Having a limited set of supported use cases makes sense for commercial vendors which find a market opportunity and deliver value to customers. However, when research systems are tightly integrated, it makes it harder to build upon them and expand the research in new directions.

It is useful for systems to be driven by specific real use cases, but it is desirable to achieve them using composable components. Then those components can be recombined to cater to a long tail of previously unimagined one-off tasks and questions. Composable systems can serve as a foundation for future work, and new ideas can be tested without needing to start from scratch.

Adaptability of software to a long tail of tasks by users faces challenges that no-code/low-code tools are trying and struggling to solve. Intriguing ideas are discussed in Programming substrates by Tomas Petricek. The article suggests a different way of creating extendable systems by creating substrates that make small changes easy while allowing progression to more complex tasks.

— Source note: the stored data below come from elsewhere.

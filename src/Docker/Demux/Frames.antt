-- ===== src/Docker/Demux/Frames.antt =====
-- internal/docker/logs.go: copyDockerLogs on a stream of frames as the Docker daemon writes it.
use mathlib.Core.Path.{fun_ext}
use docker_monitor.Docker.Demux.{
  Ending, Writers, after_write, broken, copy_docker_logs, copy_frames, end_error, eof, frame_size,
  frame_too_large, full, looks_like_mux_header, max_docker_log_frame_size, next_header, read_full,
  short, short_start, with_payload, write_to,
}
use docker_monitor.Model.{Errors}
use docker_monitor.Prelude.{
  All, Bool, List, [], ap, arith, drop, false, ge→ltb, gt→leb, if◌then◌else◌, inl, inr, leb, length,
  length-append, le→leb, ltb, lt→ltb, refl, suc, take, true, zero, ℕ, ◌%◌, ◌++◌, ◌+◌, ◌-◌, ◌/◌, ◌<◌,
  ◌^◌, ◌∙◌, ◌∷◌, ◌≡◌, ◌≤◌, ◌⊎◌,
}
use docker_monitor.Prelude.Bytes.{Bytes}

-- One frame: on stderr or stdout, and its payload.
pub record Frame : Type 0 where
  pub on_stderr : Bool
  pub payload : Bytes

abbrev big_endian : ℕ → Bytes → Bytes
big_endian n rest = (n / 2 ^ 24 % 256) ∷ (n / 2 ^ 16 % 256) ∷ (n / 2 ^ 8 % 256) ∷ (n % 256) ∷ rest

abbrev stream_byte : Bool → ℕ
stream_byte true = 2
stream_byte false = 1

-- The header of a frame, before what follows it.
abbrev pub header_onto : Bool → ℕ → Bytes → Bytes
header_onto on_stderr size rest = stream_byte on_stderr ∷ 0 ∷ 0 ∷ 0 ∷ big_endian size rest

unfoldable pub encode : List Frame → Bytes → Bytes
encode [] rest = rest
encode (f ∷ fs) rest = header_onto f.on_stderr (length f.payload) (f.payload ++ encode fs rest)

-- Payloads that the daemon may send.
abbrev pub Fits : List Frame → Type 0
Fits = All (λ (f : Frame). length f.payload ≤ max_docker_log_frame_size)

frame_size-header : (s : Bool) (n : ℕ) → n < 2 ^ 32 → frame_size (header_onto s n []) ≡ n
frame_size-header s n h = omega arith

length_nat : (n : ℕ) (p rest : Bytes) → length p ≡ n → leb n (length (p ++ rest)) ≡ true
length_nat n p rest e = le→leb _ _ (omega (arith, length-append p rest))

take-append : (p rest : Bytes) → take (length p) (p ++ rest) ≡ p
take-append [] rest = refl
take-append (c ∷ p) rest = ap (◌∷◌ c) (take-append p rest)

drop-append : (p rest : Bytes) → drop (length p) (p ++ rest) ≡ rest
drop-append [] rest = refl
drop-append (c ∷ p) rest = drop-append p rest

read_full-append : (p rest : Bytes) → read_full (length p) (p ++ rest) ≡ full p rest
unfolding read_full
read_full-append p rest =
    rw (length_nat (length p) p rest refl) (rw (take-append p rest, drop-append p rest))

read_full-header :
    (s : Bool) (n : ℕ) (rest : Bytes)
    → read_full 8 (header_onto s n rest) ≡ full (header_onto s n []) rest
read_full-header s n rest = read_full-append (header_onto s n []) rest

module _ {W : Type 0} (out : Writers W) (ending : Ending) where
  -- The payloads, each to its writer, up to the first error; then `next`.
  unfoldable pub write_all : List Frame → (W → Errors × W) → W → Errors × W
  write_all [] next w = next w
  write_all (f ∷ fs) next w =
      let (e, w') = (if f.on_stderr then out.stderr f.payload w else out.stdout f.payload w) in
      elim e [ [] ↦ write_all fs next w' | x ∷ xs ↦ (x ∷ xs, w') ]

  -- The loop at the boundary between two frames.
  abbrev boundary : ℕ → Bytes → W → Errors × W
  boundary fuel input w = next_header out ending (copy_frames out ending fuel) (read_full 8 input) w

  one_frame :
      (s : Bool) (p rest : Bytes) (fuel : ℕ) (w : W)
      → length p ≤ max_docker_log_frame_size
      → boundary (suc fuel) (header_onto s (length p) (p ++ rest)) w
        ≡ after_write out ending
            (copy_frames out ending fuel)
            rest
            (if s then out.stderr p w else out.stdout p w)
  unfolding next_header copy_frames with_payload after_write
  one_frame s p rest fuel w fits =
      let size = frame_size-header s (length p) (omega (arith, fits)) in
      rw (read_full-header s (length p) (p ++ rest), next_header)
        (rw size (
          rw (gt→leb_ltb fits) (
            rw (read_full-append p rest, with_payload)
              (ap (λ x. after_write out ending (copy_frames out ending fuel) rest x) (choice s)))))
    where
      gt→leb_ltb :
          length p ≤ max_docker_log_frame_size → ltb max_docker_log_frame_size (length p) ≡ false
      gt→leb_ltb h = ge→ltb _ _ h

      choice :
          (s : Bool)
          → write_to out ending (stream_byte s) p w ≡ (if s then out.stderr p w else out.stdout p w)
      choice true = refl
      choice false = refl

  boundary-encode :
      (fs : List Frame) (n fuel : ℕ) (tail : Bytes) (w : W)
      → n ≡ length fs + fuel
      → Fits fs
      → boundary n (encode fs tail) w ≡ write_all fs (boundary fuel tail) w
  unfolding encode write_all after_write next_header
  boundary-encode [] n fuel tail w e fits =
      let same : n ≡ fuel = omega arith in ap (λ k. boundary k tail w) same
  boundary-encode (f ∷ fs) zero fuel tail w e fits = absurd (omega arith)
  boundary-encode (f ∷ fs) (suc n) fuel tail w e fits =
      one_frame f.on_stderr f.payload (encode fs tail) n w fits.0
      ∙ go (if f.on_stderr then out.stderr f.payload w else out.stdout f.payload w)
          (λ x. boundary-encode fs n fuel tail x (omega arith) fits.1)
    where
      go :
          (r : Errors × W)
          → ((x : W) → boundary n (encode fs tail) x ≡ write_all fs (boundary fuel tail) x)
          → ◌≡◌ {A = Errors × W}
              (after_write out ending (copy_frames out ending n) (encode fs tail) r)
              (elim r.0 [ [] ↦ write_all fs (boundary fuel tail) r.1 | y ∷ ys ↦ (y ∷ ys, r.1) ])
      go ([], x) h = h x
      go (y ∷ ys, x) h = refl

  length-encode : (fs : List Frame) (tail : Bytes) → length fs ≤ length (encode fs tail)
  unfolding encode
  length-encode [] tail = omega arith
  length-encode (f ∷ fs) tail =
      omega (arith, length-encode fs tail, length-append f.payload (encode fs tail))

  boundary_short :
      (k : ℕ) (tail : Bytes) (w : W) → length tail < 8 → boundary k tail w ≡ (end_error ending, w)
  unfolding read_full next_header
  boundary_short k tail w h = rw (gt→leb _ _ h)

  boundary_cut :
      (k : ℕ) (s : Bool) (n : ℕ) (part : Bytes) (w : W)
      → n ≤ max_docker_log_frame_size
      → length part < n
      → boundary (suc k) (header_onto s n part) w ≡ (end_error ending, w)
  unfolding next_header copy_frames with_payload
  boundary_cut k s n part w fits cut =
      let missing : read_full n part ≡ short = unfold read_full in rw (gt→leb _ _ cut) in
      rw (read_full-header s n part, next_header)
        (rw (frame_size-header s n (omega (arith, fits)))
          (rw (ge→ltb max_docker_log_frame_size n fits) (rw (missing, with_payload))))

  boundary_large :
      (k : ℕ) (s : Bool) (n : ℕ) (rest : Bytes) (w : W)
      → max_docker_log_frame_size < n
      → n < 2 ^ 32
      → boundary (suc k) (header_onto s n rest) w ≡ (frame_too_large ∷ [], w)
  unfolding next_header copy_frames
  boundary_large k s n rest w large word =
      rw (read_full-header s n rest, next_header)
        (rw (frame_size-header s n word) (rw (lt→ltb max_docker_log_frame_size n large)))

  short_start_nil : (e : Ending) (w : W) → short_start out ending e [] w ≡ (end_error e, w)
  unfolding short_start
  short_start_nil eof w = refl
  short_start_nil (broken e) w = refl

  module _ (pieces : Bytes → List Bytes) where
    copy-boundary :
        (s : Bool) (n : ℕ) (rest : Bytes) (w : W)
        → copy_docker_logs out ending pieces (header_onto s n rest) w
          ≡ boundary (suc (length (header_onto s n rest))) (header_onto s n rest) w
    unfolding copy_docker_logs looks_like_mux_header
    copy-boundary true n rest w = rw (read_full-header true n rest)
    copy-boundary false n rest w = rw (read_full-header false n rest)

    copy-encode :
        (f : Frame) (fs : List Frame) (tail : Bytes) (w : W)
        → Fits (f ∷ fs)
        → (k : ℕ) × (copy_docker_logs out ending pieces (encode (f ∷ fs) tail) w
            ≡ write_all (f ∷ fs) (boundary (suc k) tail) w)
    unfolding encode
    copy-encode f fs tail w fits =
        let size = length (encode (f ∷ fs) tail) in
        (
          size - length (f ∷ fs),
          copy-boundary f.on_stderr (length f.payload) (f.payload ++ encode fs tail) w
              ∙ boundary-encode (f ∷ fs) (suc size) (suc (size - length (f ∷ fs))) tail w
                  (omega (arith, length-encode (f ∷ fs) tail)) fits,
        )

    -- A stream of frames, each of at most 4 MiB: every payload is written to the writer of its
    -- stream, in the order of the frames, up to the first error of a writer, which is returned. At
    -- the end of the stream the result is nil, or the error of the reader.
    pub copy_docker_logs-encode :
        (fs : List Frame) (w : W)
        → Fits fs
        → copy_docker_logs out ending pieces (encode fs []) w
          ≡ write_all fs (λ x. (end_error ending, x)) w
    copy_docker_logs-encode [] w fits =
        unfold copy_docker_logs encode write_all read_full in short_start_nil ending w
    copy_docker_logs-encode (f ∷ fs) w fits =
        let (k, e) = copy-encode f fs [] w fits in
        e
        ∙ ap (λ next. write_all (f ∷ fs) next w)
            (fun_ext (λ x. boundary_short (suc k) [] x (omega arith)))

    -- The same where the stream breaks off in the middle of a frame, in its header or in its
    -- payload: what there is of the last frame is dropped, and that is no error.
    pub copy_docker_logs-cut :
        (f : Frame) (fs : List Frame) (tail : Bytes) (w : W)
        → Fits (f ∷ fs)
        → (length tail < 8)
          ⊎ ((s : Bool) × (n : ℕ) × (part : Bytes) × (n ≤ max_docker_log_frame_size)
              × (length part < n)
              × (tail ≡ header_onto s n part))
        → copy_docker_logs out ending pieces (encode (f ∷ fs) tail) w
          ≡ write_all (f ∷ fs) (λ x. (end_error ending, x)) w
    copy_docker_logs-cut f fs tail w fits h =
        let (k, e) = copy-encode f fs tail w fits in
        e ∙ ap (λ next. write_all (f ∷ fs) next w) (fun_ext (λ x. ended k x h))
      where
        ended :
            (k : ℕ) (x : W)
            → (length tail < 8)
              ⊎ ((s : Bool) × (n : ℕ) × (part : Bytes) × (n ≤ max_docker_log_frame_size)
                  × (length part < n)
                  × (tail ≡ header_onto s n part))
            → boundary (suc k) tail x ≡ (end_error ending, x)
        ended k x (inl h) = boundary_short (suc k) tail x h
        ended k x (inr (s, n, part, fits', cut, e)) = rw e (boundary_cut k s n part x fits' cut)

    -- A frame that claims to be larger ends the copying with an error, after the frames before it.
    pub copy_docker_logs-too_large :
        (fs : List Frame) (s : Bool) (n : ℕ) (rest : Bytes) (w : W)
        → Fits fs
        → max_docker_log_frame_size < n
        → n < 2 ^ 32
        → copy_docker_logs out ending pieces (encode fs (header_onto s n rest)) w
          ≡ write_all fs (λ x. (frame_too_large ∷ [], x)) w
    copy_docker_logs-too_large [] s n rest w fits large word =
        unfold encode write_all in
        copy-boundary s n rest w
        ∙ boundary_large (length (header_onto s n rest)) s n rest w large word
    copy_docker_logs-too_large (f ∷ fs) s n rest w fits large word =
        let (k, e) = copy-encode f fs (header_onto s n rest) w fits in
        e
        ∙ ap (λ next. write_all (f ∷ fs) next w)
            (fun_ext (λ x. boundary_large k s n rest x large word))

With the advent of generative AI customizing software might get easier. However, if we create composable building blocks that are easier to customize for human users, models will also benefit and learn to leverage those building blocks.

Future Exploration

I try to apply the ideas above in the software visualization project Stratify. One principle is to build upon and extend existing components and research where possible.

On the ingestion side I try to leverage both languages specific parsers as well as experiment with language agnostic tools like SCIP, LSP, Stack Graphs and Glean.

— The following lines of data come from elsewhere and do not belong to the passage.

-- ===== src/Docker/Demux/Tests.antt =====
-- A stream of two frames; the writers keep what is written.
use docker_monitor.Docker.Demux.{
  Writers, copy_docker_logs, copy_pieces, eof, looks_like_mux_header, read_full,
}
use docker_monitor.Docker.Demux.Frames.{Frame, copy_docker_logs-encode, encode, write_all}
use docker_monitor.Prelude.{List, [], arith, false, refl, true, ◌++◌, ◌∷◌, ◌≡◌}
use docker_monitor.Prelude.Bytes.{Bytes, text}

abbrev Kept : Type 0
Kept = Bytes × Bytes

abbrev keeping : Writers Kept
keeping = record { stdout = λ p w. ([], (w.0 ++ p, w.1)); stderr = λ p w. ([], (w.0, w.1 ++ p)) }

abbrev two : List Frame
two =
    record { on_stderr = false; payload = text "out" }
    ∷ record { on_stderr = true; payload = text "err" }
    ∷ []

abbrev whole : Bytes → List Bytes
whole input = input ∷ []

abbrev empty : Kept
empty = ([], [])

two_frames :
    copy_docker_logs keeping eof whole (encode two []) empty ≡ ([], (text "out", text "err"))
unfolding copy_docker_logs encode read_full looks_like_mux_header
two_frames = refl

plain : copy_docker_logs keeping eof whole (text "plain text") empty ≡ ([], (text "plain text", []))
unfolding copy_docker_logs encode read_full looks_like_mux_header copy_pieces
plain = refl

copy_docker_logs-encode_example :
    copy_docker_logs keeping eof whole (encode two []) empty
    ≡ write_all keeping eof two (λ x. ([], x)) empty
copy_docker_logs-encode_example = copy_docker_logs-encode keeping eof whole two empty (omega arith)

Besides loading just source code, there are experiments with loading other sources like architecture and infrastructure maps. One part of the future work is to explore merging the sources into a unified graph that can be queried for questions and serve as a foundation for flexible visualizations.

Once we parse and load the sources, the visualization side is about translating the data into representations for various existing renderers like DGML Hierarchical Graph, 3D Code City, or 3D Code Galaxy. Observing limitations of these can inform development of a custom renderer in the future.

To explore end-user adaptability the approach is trying to avoid introducing a custom platform or application, but instead leveraging tools developers already use like computational notebooks. Another interactive visual system paradigm to be explored further is REBL (Read-eval-browse loop), which expands the REPL (Read-eval-print loop) paradigm by browsing the results visually. REBL is an intriguing approach because it is closer to the idea of being a programming substrate.

It’s going to be an interesting journey to see where we are in another 20 years and if The Paradox of Software Visualization will still hold.